# Required action
Output only the lines below that start at the line containing "take_all count (drop" and end at the line containing "(g : GrainFiles)", with both ends kept.

□ □ □ □

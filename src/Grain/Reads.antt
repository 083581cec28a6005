-- ===== src/Grain/Reads.antt =====
-- `read_pages` and `coverage` of src/grain.rs: a run of pages, and how many there are, without the
-- whole file.
use timberfs.Prelude.{
  ℕ, zero, suc, ◌+◌, ◌-◌, ◌^◌, ◌≤◌, ◌<◌, ◌≡◌, refl, ap, ◌∙◌, sym, Bool, true, false, ◌&&◌, ◌⊎◌, inl,
  inr, List, [], ◌∷◌, ◌++◌, Option, none, some, length, take, drop, All, arith, ltb, leb, le→ltb,
  lt→ltb, le→leb, lt→leb, ltb→lt, ltb→le, leb→le, leb→lt, append_assoc, take_all, length-drop,
  length-take, take-drop-take, Bool-cases, if◌then◌else◌,
}
use timberfs.Bytes.{slice, u32_at}
use timberfs.Format.Chunk.{saturating_add}
use timberfs.Grain.{Stamp, Commit, GrainFiles, stamp, walk, load_commit, known_or_walked}
use timberfs.Grain.Pages.{page_record, encode_pages, IsPage, IsTorn, IsGrain, At-record, at_torn}
use timberfs.Grain.Update.Covers.{Covers}
use timberfs.Grain.Update.Located.{stamp-IsGrain, commit-cases, walked}
use timberfs.Grain.Header.{first_record_offset-lo}

-- The loop from record `idx` at `off`; a round takes four bytes at least.
unfoldable pub read_pages_loop : ℕ → List ℕ → ℕ → ℕ → ℕ → ℕ → ℕ → List (List ℕ)
read_pages_loop zero file len from upto idx off = []
read_pages_loop (suc fuel) file len from upto idx off =
    let body = u32_at off file in
    let later = read_pages_loop fuel file len from upto (idx + 1) (off + (4 + body)) in
    if ltb idx upto && leb (off + 4) len
    then (if ltb len (off + 4 + body)
        then []
        else if leb from idx
        then slice (off + 4) body file ∷ later
        else later)
    else []

abbrev pages_at : List ℕ → ℕ → ℕ → Option Stamp → List (List ℕ)
pages_at file from count none = []
pages_at file from count (some s) =
    read_pages_loop (length file) file s.len from (saturating_add from count) 0 s.first

unfoldable pub read_pages : ℕ → List ℕ → ℕ → ℕ → List (List ℕ)
unfolding stamp read_pages_loop
read_pages ino file from count = pages_at file from count (stamp ino file)

-- The commit where it still describes the file, otherwise a walk.
abbrev counted_at : Option Commit → List ℕ → Option Stamp → Option (ℕ × ℕ)
counted_at commit file none = none
counted_at commit file (some s) =
    some (s.len, (known_or_walked file s (load_commit commit s)).0.count)

unfoldable pub coverage : ℕ → Option Commit → List ℕ → Option (ℕ × ℕ)
unfolding stamp load_commit walk
coverage ino commit file = counted_at commit file (stamp ino file)

module _ (file : List ℕ) (from upto : ℕ) where
  stops_full :
      (fuel idx off : ℕ)
      → upto ≤ idx
      → read_pages_loop fuel file (length file) from upto idx off ≡ []
  unfolding read_pages_loop
  stops_full zero idx off h = refl
  stops_full (suc fuel) idx off h = rw (le→ltb idx upto h)

  stops_torn :
      (fuel idx off : ℕ)
      → (length file < off + 4) ⊎ (length file < off + 4 + u32_at off file)
      → read_pages_loop fuel file (length file) from upto idx off ≡ []
  unfolding read_pages_loop
  stops_torn zero idx off h = refl
  stops_torn (suc fuel) idx off (inl short) =
      rw (lt→leb (off + 4) (length file) short) (no_more (ltb idx upto) _)
    where
      no_more :
          (b : Bool) (xs : List (List ℕ))
          → ◌≡◌ {A = List (List ℕ)} (if b && false then xs else []) []
      no_more true xs = refl
      no_more false xs = refl
  stops_torn (suc fuel) idx off (inr cut) =
      rw (lt→ltb (length file) (off + 4 + u32_at off file) cut)
        (same (ltb idx upto && leb (off + 4) (length file)))
    where
      same : (b : Bool) → ◌≡◌ {A = List (List ℕ)} (if b then [] else []) []
      same true = refl
      same false = refl

  none_wanted :
      (n m : ℕ) (ps : List (List ℕ)) → m ≡ 0 → ◌≡◌ {A = List (List ℕ)} (drop n (take m ps)) []
  none_wanted zero m ps e = rw e refl
  none_wanted (suc n) m ps e = rw e refl

  wanted :
      (n n' m m' : ℕ) (p : List ℕ) (ps : List (List ℕ))
      → n ≡ 0
      → n' ≡ 0
      → m ≡ suc m'
      → p ∷ drop n' (take m' ps) ≡ drop n (take m (p ∷ ps))
  wanted n n' m m' p ps e e' em = rw (e, e', em) refl

  skipped :
      (n n' m m' : ℕ) (p : List ℕ) (ps : List (List ℕ))
      → n ≡ suc n'
      → m ≡ suc m'
      → drop n (take m (p ∷ ps)) ≡ drop n' (take m' ps)
  skipped n n' m m' p ps e e' = rw (e, e') refl

  read_pages_loop-pages :
      (ps : List (List ℕ)) (torn : List ℕ) (fuel idx off : ℕ)
      → All IsPage ps
      → IsTorn torn
      → off ≤ length file
      → length file < fuel + off
      → drop off file ≡ encode_pages ps ++ torn
      → read_pages_loop fuel file (length file) from upto idx off
        ≡ drop (from - idx) (take (upto - idx) ps)
  unfolding read_pages_loop
  read_pages_loop-pages ps torn zero idx off hp ht h enough e = absurd (omega (arith, h, enough))
  read_pages_loop-pages [] torn (suc fuel) idx off hp ht h enough e =
      stops_torn (suc fuel) idx off (at_torn file off torn h ht e)
      ∙ sym (nothing (from - idx) (upto - idx))
    where
      nothing : (n m : ℕ) → ◌≡◌ {A = List (List ℕ)} (drop n (take m [])) []
      nothing zero zero = refl
      nothing zero (suc m) = refl
      nothing (suc n) zero = refl
      nothing (suc n) (suc m) = refl
  read_pages_loop-pages (p ∷ ps) torn (suc fuel) idx off (hp, hs) ht h enough e =
      let a =
        At-record file off p (encode_pages ps ++ torn) h hp
          (e ∙ append_assoc (page_record p) (encode_pages ps) torn) in
      let next : drop (off + (4 + length p)) file ≡ encode_pages ps ++ torn =
        ap (λ (n : ℕ). drop n file) (omega arith) ∙ a.next in
      elim (Bool-cases (ltb idx upto)) [
        | inr full ↦
            stops_full (suc fuel) idx off (ltb→le idx upto full)
            ∙ sym (
                none_wanted (from - idx) (upto - idx) (p ∷ ps)
                  (omega (arith, ltb→le idx upto full)))
        | inl more ↦
            rw
              (
                a.len,
                more,
                le→leb (off + 4) (length file) (omega (arith, a.room)),
                le→ltb (length file) (off + 4 + length p) a.room,
                a.page,
                read_pages_loop-pages ps torn fuel (idx + 1) (off + (4 + length p)) hs ht
                    (omega (arith, a.room)) (omega (arith, enough)) next,
              )
              (let before = ltb→lt idx upto more in
                elim (Bool-cases (leb from idx)) [
                  | inl t ↦ rw t (
                      wanted (from - idx) (from - (idx + 1)) (upto - idx) (upto - (idx + 1)) p ps
                        (omega (arith, leb→le from idx t)) (omega (arith, leb→le from idx t))
                        (omega (arith, before)))
                  | inr t ↦ rw t (
                      sym (
                        skipped (from - idx) (from - (idx + 1)) (upto - idx) (upto - (idx + 1)) p ps
                          (omega (arith, leb→lt from idx t)) (omega (arith, before))))
                ])
      ]

-- A bounded reader finds the pages asked for, those from `from` on, `count` at most, in a grain of
-- these pages, whatever a crash left behind the last one.
pub read_pages-IsGrain :
    (ino : ℕ) (file : List ℕ) (first : ℕ) (ps : List (List ℕ)) (torn : List ℕ) (from count : ℕ)
    → IsGrain file first ps torn
    → from + count < 2 ^ 64
    → read_pages ino file from count ≡ take count (drop from ps)
unfolding read_pages
read_pages-IsGrain ino file first ps torn from count g h =
    rw (stamp-IsGrain ino file first ps torn g) (
      read_pages_loop-pages file from (saturating_add from count) ps torn (length file) 0 first
        g.pages g.cut_short g.inside (omega (arith, first_record_offset-lo file first g.offset))
        g.behind
      ∙ ap (λ (n : ℕ). drop (from - 0) (take n ps)) upto
      ∙ ap (λ (n : ℕ). drop n (take (from + count) ps)) start
      ∙ sym (
          take_all count (drop from (take (from + count) ps)) (
            omega
              (arith, length-drop from (take (from + count) ps), length-take (from + count) ps)))
      ∙ take-drop-take count from (from + count) ps (omega arith))
  where
    upto : saturating_add from count - 0 ≡ from + count
    upto = omega (arith, h)

    start : from - 0 ≡ from
    start = omega arith

-- The number of pages that are counted, and the size of the file.
pub coverage-Covers :
    (g : GrainFiles) (file : List ℕ) (first : ℕ) (ps : List (List ℕ)) (torn : List ℕ) (m : ℕ)
    → Covers g file first ps torn m
    → coverage g.ino g.commit file ≡ some (length file, m)
unfolding coverage
coverage-Covers g file first ps torn m c = elim (commit-cases g file first ps torn m c) [
  | inl e ↦ rw (stamp-IsGrain g.ino file first ps torn c.grain, e) refl
  | inr (e, em) ↦
      rw
        (
          stamp-IsGrain g.ino file first ps torn c.grain,
          e,
          walked g.ino file first ps torn c.grain c.counted,
        )
        (ap (λ (n : ℕ). some (length file, n)) (sym em))
]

□ □ □ □

# Written answer
          take_all count (drop from (take (from + count) ps)) (
            omega
              (arith, length-drop from (take (from + count) ps), length-take (from + count) ps)))
      ∙ take-drop-take count from (from + count) ps (omega arith))
  where
    upto : saturating_add from count - 0 ≡ from + count
    upto = omega (arith, h)

    start : from - 0 ≡ from
    start = omega arith

-- The number of pages that are counted, and the size of the file.
pub coverage-Covers :
    (g : GrainFiles) (file : List ℕ) (first : ℕ) (ps : List (List ℕ)) (torn : List ℕ) (m : ℕ)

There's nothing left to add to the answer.